Помнит поездку на Крит неделей позже. Матис тогда распробовал оливки и съел их столько, что они с Джоном боялись, как бы чего не вышло. Стрекот цикад за открытой балконной дверью, когда они с Джоном занимались любовью, тихо-тихо, чтобы не разбудить Матиса. Помнит она и пляж, где все они просто обхохотались в тот день, что запечатлен на фото у нее на ночном столике дома в Лангевике.
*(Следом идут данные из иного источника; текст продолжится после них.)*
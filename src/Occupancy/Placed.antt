-- ===== src/Occupancy/Placed.antt =====
-- Where the occupancy map of app/controller.py has a pod.
use gpu_reservation_controll.Base.{
  ℕ, ◌≡◌, ◌≢◌, refl, sym, subst, ap, ◌∙◌, String, Option, none, some, true, false, ◌==◌, string_eq,
  nat_eq, ◌&&◌, [], ◌∷◌, Dict, get, insert, erase, has_key, has_key-get, get_or, get_or-insert,
  get_or-erase, get-insert, get-erase, Bool-cases, Option-cases, if◌then◌else◌, inl, inr, arith,
  has_key-none, ◌↔◌, ◌⊎◌, some-injective, Distinct, insert-Distinct, erase-Distinct, nat_beq_iff,
}
use text.Mathlib.TextEquality.{eq_iff}
use gpu_reservation_controll.State.{ControllerState}
use gpu_reservation_controll.Occupancy.{
  place, holding, is_empty, vacate, release_pod, relink_occupancy,
}

-- The GPUs that the map records for a pod under a reservation.
abbrev pub at : ℕ → String → Dict ℕ (Dict String ℕ) → Option ℕ
at rid uid occupancy = get uid (get_or rid occupancy [])

pub at-place :
    (rid q : ℕ) (uid v : String) (gpus : ℕ) (d : Dict ℕ (Dict String ℕ))
    → at q v (place rid uid gpus d) ≡ (if rid == q && uid == v then some gpus else at q v d)
unfolding place
at-place rid q uid v gpus d = ground (
  arith,
  get_or-insert rid q (insert uid gpus (get_or rid d [])) [] d,
  get-insert uid v gpus (get_or rid d []),
  nat_beq_iff rid q,
)

is_empty_eq : (d : Dict String ℕ) → is_empty d ≡ true → d ≡ []
is_empty_eq [] h = refl
is_empty_eq (p ∷ d) h = cc

get_nil : (w : String) → get {V = ℕ} w [] ≡ none
unfolding get
get_nil w = refl

at-vacate :
    (rid q : ℕ) (uid v : String) (d : Dict ℕ (Dict String ℕ))
    → at q v (vacate rid uid d) ≡ (if rid == q && uid == v then none else at q v d)
unfolding vacate
at-vacate rid q uid v d = elim (Bool-cases (is_empty (erase uid (get_or rid d [])))) [
  | inl e ↦
      let gone = ap (get v) (is_empty_eq (erase uid (get_or rid d [])) e) in
      let none_left : get v (erase uid (get_or rid d [])) ≡ none = gone ∙ get_nil v in
      rw e (
        ground (
          arith,
          get_or-erase rid q [] d,
          get-erase uid v (get_or rid d []),
          none_left,
          get_nil v,
          nat_beq_iff rid q,
        ))
  | inr e ↦ rw e (
      ground (
        arith,
        get_or-insert rid q (erase uid (get_or rid d [])) [] d,
        get-erase uid v (get_or rid d []),
        nat_beq_iff rid q,
      ))
]

-- No reservation occurs twice in the map, and no pod under two reservations.
pub record IsValid (d : Dict ℕ (Dict String ℕ)) : Type 0 where
  pub distinct : Distinct d
  pub one_place : (v : String) (q p : ℕ) → at q v d ≢ none → at p v d ≢ none → q ≡ p

holding-none :
    (uid : String) (d : Dict ℕ (Dict String ℕ)) (q : ℕ) → holding uid d ≡ none → at q uid d ≡ none
unfolding holding get_or get
holding-none uid [] q h = refl
holding-none uid ((rid, occupants) ∷ d) q h =
    ground (arith, has_key-get uid occupants, holding-none uid d q)

holding-some :
    (uid : String) (d : Dict ℕ (Dict String ℕ)) (rid : ℕ)
    → Distinct d
    → holding uid d ≡ some rid
    → at rid uid d ≢ none
unfolding holding get_or get
holding-some uid [] rid u h e = cc
holding-some uid ((k, occupants) ∷ d) rid u h e = elim (Bool-cases (has_key uid occupants)) [
  | inl here ↦ ground (arith, has_key-get uid occupants)
  | inr below ↦ ground (arith, holding-some uid d rid u.1, has_key-none k d u.0, nat_beq_iff k rid)
]

only_at :
    {d : Dict ℕ (Dict String ℕ)} (v : String) (p q : ℕ)
    → IsValid d
    → at p v d ≢ none
    → (p == q) ≡ false
    → at q v d ≡ none
only_at {d} v p q valid h other = elim (Option-cases (at q v d)) [
  | inl e ↦ e
  | inr (g, e) ↦ absurd (clash (valid.one_place v p q h (λ n. cc)))
]
  where
    clash : p ≡ q → ⊥
    clash same = cc ((nat_beq_iff p q).1 same)

release_pod-none :
    (s : ControllerState) (uid : String)
    → holding uid s.occupancy ≡ none
    → release_pod s uid ≡ (s, none)
unfolding release_pod
release_pod-none s uid e = ground arith

release_pod-some :
    (s : ControllerState) (uid : String) (rid : ℕ)
    → holding uid s.occupancy ≡ some rid
    → release_pod s uid ≡ (record s { occupancy = vacate rid uid s.occupancy }, some rid)
unfolding release_pod
release_pod-some s uid rid e = ground arith

relink_eq :
    (s : ControllerState) (uid : String) (rid gpus : ℕ)
    → (relink_occupancy s uid rid gpus).occupancy
      ≡ place rid uid gpus (release_pod s uid).0.occupancy
unfolding relink_occupancy
relink_eq s uid rid gpus = refl

place-Distinct :
    (rid : ℕ) (uid : String) (gpus : ℕ) (d : Dict ℕ (Dict String ℕ))
    → Distinct d
    → Distinct (place rid uid gpus d)
unfolding place
place-Distinct rid uid gpus d h = insert-Distinct rid _ d h

vacate-Distinct :
    (rid : ℕ) (uid : String) (d : Dict ℕ (Dict String ℕ)) → Distinct d → Distinct (vacate rid uid d)
unfolding vacate
vacate-Distinct rid uid d h = elim (Bool-cases (is_empty (erase uid (get_or rid d [])))) [
  | inl e ↦ rw e (erase-Distinct rid d h)
  | inr e ↦ rw e (insert-Distinct rid _ d h)
]

release_pod-Distinct :
    (s : ControllerState) (uid : String)
    → Distinct s.occupancy
    → Distinct (release_pod s uid).0.occupancy
release_pod-Distinct s uid h = elim (Option-cases (holding uid s.occupancy)) [
  | inl e ↦ rw (release_pod-none s uid e) h
  | inr (rid, e) ↦ rw (release_pod-some s uid rid e) (vacate-Distinct rid uid s.occupancy h)
]

module _ (s : ControllerState) (uid : String) (valid : IsValid s.occupancy) where
  release_pod_facts :
      ((q : ℕ) (v : String)
        → at q v (release_pod s uid).0.occupancy ≡ (if uid == v then none else at q v s.occupancy))
      × ((rid : ℕ) → ((release_pod s uid).1 ≡ some rid) ↔ (at rid uid s.occupancy ≢ none))
  release_pod_facts = elim (Option-cases (holding uid s.occupancy)) [
    | inl e ↦ rw (release_pod-none s uid e) (
      λ q v. stays q v (holding-none uid s.occupancy q e) (Bool-cases (uid == v)),
      λ rid. (λ h. cc, λ h. absurd (h (holding-none uid s.occupancy rid e))),
    )
    | inr (rid, e) ↦
        let held = holding-some uid s.occupancy rid valid.distinct e in
        rw (release_pod-some s uid rid e) (
          λ q v. moves rid q v held (Bool-cases (rid == q)) (Bool-cases (uid == v)),
          λ q. (
            λ h. subst (λ p. at p uid s.occupancy ≢ none) (some-injective rid q h) held,
            λ h. ap some (valid.one_place uid rid q held h),
          ),
        )
  ]
    where
      stays :
          (q : ℕ) (v : String)
          → at q uid s.occupancy ≡ none
          → ((uid == v) ≡ true) ⊎ ((uid == v) ≡ false)
          → at q v s.occupancy ≡ (if uid == v then none else at q v s.occupancy)
      stays q v gone (inl same) =
          rw same (subst (λ w. at q w s.occupancy ≡ none) ((eq_iff uid v).0 same) gone)
      stays q v gone (inr other) = rw other

      moves :
          (rid q : ℕ) (v : String)
          → at rid uid s.occupancy ≢ none
          → ((rid == q) ≡ true) ⊎ ((rid == q) ≡ false)
          → ((uid == v) ≡ true) ⊎ ((uid == v) ≡ false)
          → at q v (vacate rid uid s.occupancy) ≡ (if uid == v then none else at q v s.occupancy)
      moves rid q v held (inl here) (inl same) = rw (at-vacate rid q uid v s.occupancy, here, same)
      moves rid q v held (inr there) (inl same) =
          rw (at-vacate rid q uid v s.occupancy, there, same)
            (subst (λ w. at q w s.occupancy ≡ none) ((eq_iff uid v).0 same)
              (only_at uid rid q valid held there))
      moves rid q v held (inl here) (inr other) =
          rw (at-vacate rid q uid v s.occupancy, here, other)
      moves rid q v held (inr there) (inr other) =
          rw (at-vacate rid q uid v s.occupancy, there, other)

  -- From a valid map, a released pod is under no reservation afterwards, and every other pod is
  -- where it was. The answer is the reservation that held the pod, and none only if no reservation
  -- did.
  pub release_pod-exact :
      (q rid : ℕ) (v : String)
      → (at q v (release_pod s uid).0.occupancy ≡ (if uid == v then none else at q v s.occupancy))
        × (((release_pod s uid).1 ≡ some rid) ↔ (at rid uid s.occupancy ≢ none))
  release_pod-exact q rid v = (release_pod_facts.0 q v, release_pod_facts.1 rid)

  -- In a valid map, a re-linked pod is afterwards under its new reservation with the given GPUs and
  -- under no other, and every other pod is where it was.
  pub relink_occupancy-exact :
      (rid gpus q : ℕ) (v : String)
      → at q v (relink_occupancy s uid rid gpus).occupancy
        ≡ (if uid == v then (if rid == q then some gpus else none) else at q v s.occupancy)
  relink_occupancy-exact rid gpus q v =
      relinked (at-place rid q uid v gpus (release_pod s uid).0.occupancy) (release_pod_facts.0 q v)
    where
      relinked :
          at q v (place rid uid gpus (release_pod s uid).0.occupancy)
            ≡ (if rid == q && uid == v then some gpus else at q v (release_pod s uid).0.occupancy)
          → at q v (release_pod s uid).0.occupancy ≡ (if uid == v then none else at q v s.occupancy)
          → at q v (relink_occupancy s uid rid gpus).occupancy
            ≡ (if uid == v then (if rid == q then some gpus else none) else at q v s.occupancy)
      relinked p r = rw (relink_eq s uid rid gpus, p, r) (ground arith)

  -- Releasing a pod keeps the map valid: no reservation and no pod stands in it twice.
  pub release_pod-IsValid : IsValid (release_pod s uid).0.occupancy
  release_pod-IsValid = record {
    distinct = release_pod-Distinct s uid valid.distinct;
    one_place = λ v q p hq hp. valid.one_place v q p (earlier v q hq) (earlier v p hp);
  }
    where
      earlier :
          (v : String) (q : ℕ)
          → at q v (release_pod s uid).0.occupancy ≢ none
          → at q v s.occupancy ≢ none
      earlier v q h n = h (ground (arith, release_pod_facts.0 q v))

  -- Re-linking a pod keeps the map valid: no reservation and no pod stands in it twice.
  pub relink_occupancy-IsValid :
      (rid gpus : ℕ) → IsValid (relink_occupancy s uid rid gpus).occupancy
  relink_occupancy-IsValid rid gpus = record {
    distinct =
        subst Distinct (sym (relink_eq s uid rid gpus))
          (place-Distinct rid uid gpus _ (release_pod-Distinct s uid valid.distinct));
    one_place = λ v q p hq hp.
        one v q p (relink_occupancy-exact rid gpus q v) (relink_occupancy-exact rid gpus p v) hq hp;
  }
    where
      one :
          (v : String) (q p : ℕ)
          → at q v (relink_occupancy s uid rid gpus).occupancy
            ≡ (if uid == v then (if rid == q then some gpus else none) else at q v s.occupancy)
          → at p v (relink_occupancy s uid rid gpus).occupancy
            ≡ (if uid == v then (if rid == p then some gpus else none) else at p v s.occupancy)
          → at q v (relink_occupancy s uid rid gpus).occupancy ≢ none
          → at p v (relink_occupancy s uid rid gpus).occupancy ≢ none
          → q ≡ p
      one v q p eq ep hq hp =
          ground (arith, valid.one_place v q p, nat_beq_iff rid q, nat_beq_iff rid p)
Каждое мгновение сохранено, выжжено в ее душе. Последние бесценные воспоминания.
Ей не хочется вспоминать осень, болтовню об уроках и телеиграх, снежную жижу первых декабрьских дней. И ссору с Джоном тем утром, когда она злилась, что он с похмелья, поскольку накануне праздновал успешное для “Галлахера, Смита и Хорнби” завершение еще одного сложного делового конфликта. Не хочет вспоминать, как он уверял, что ничего не забыл, что по дороге на работу, как и обещал, непременно отвезет Матиса к зубному, вот только выпьет кофе, а Карен лучше помолчать, пока он хотя бы проснется как следует, и где вообще таблетки от головной боли.
Не хочется вспоминать, как раздраженно сказала, что он не в состоянии отвезти ни сына, ни себя. Не хочется вспоминать, как в сердцах села за руль, полагая, что имеет полное право злиться, так как вынуждена работать шофером у похмельного мужа, вместо того чтобы наслаждаться утренним сном, о котором мечтала уже два месяца. Не хочется вспоминать, как на М-25, в районе Уолтем-Эбби, оставила без внимания, что Джон в попытке примирения положил руку ей на колено. Не хочется вспоминать, как спустя всего лишь три секунды мир перестал существовать.
* * *
Шаги дяди Ларса, грузно поднимающегося по подвальной лестнице, возвращают ее к реальности. Карен встречается взглядом с теткой, растерянно, будто совершила дальнее путешествие и вот только что вернулась домой.
— Так ка́к ты? — спрашивает Ингеборг и кладет руку, шершавую, как рыбья чешуя, поверх ее руки.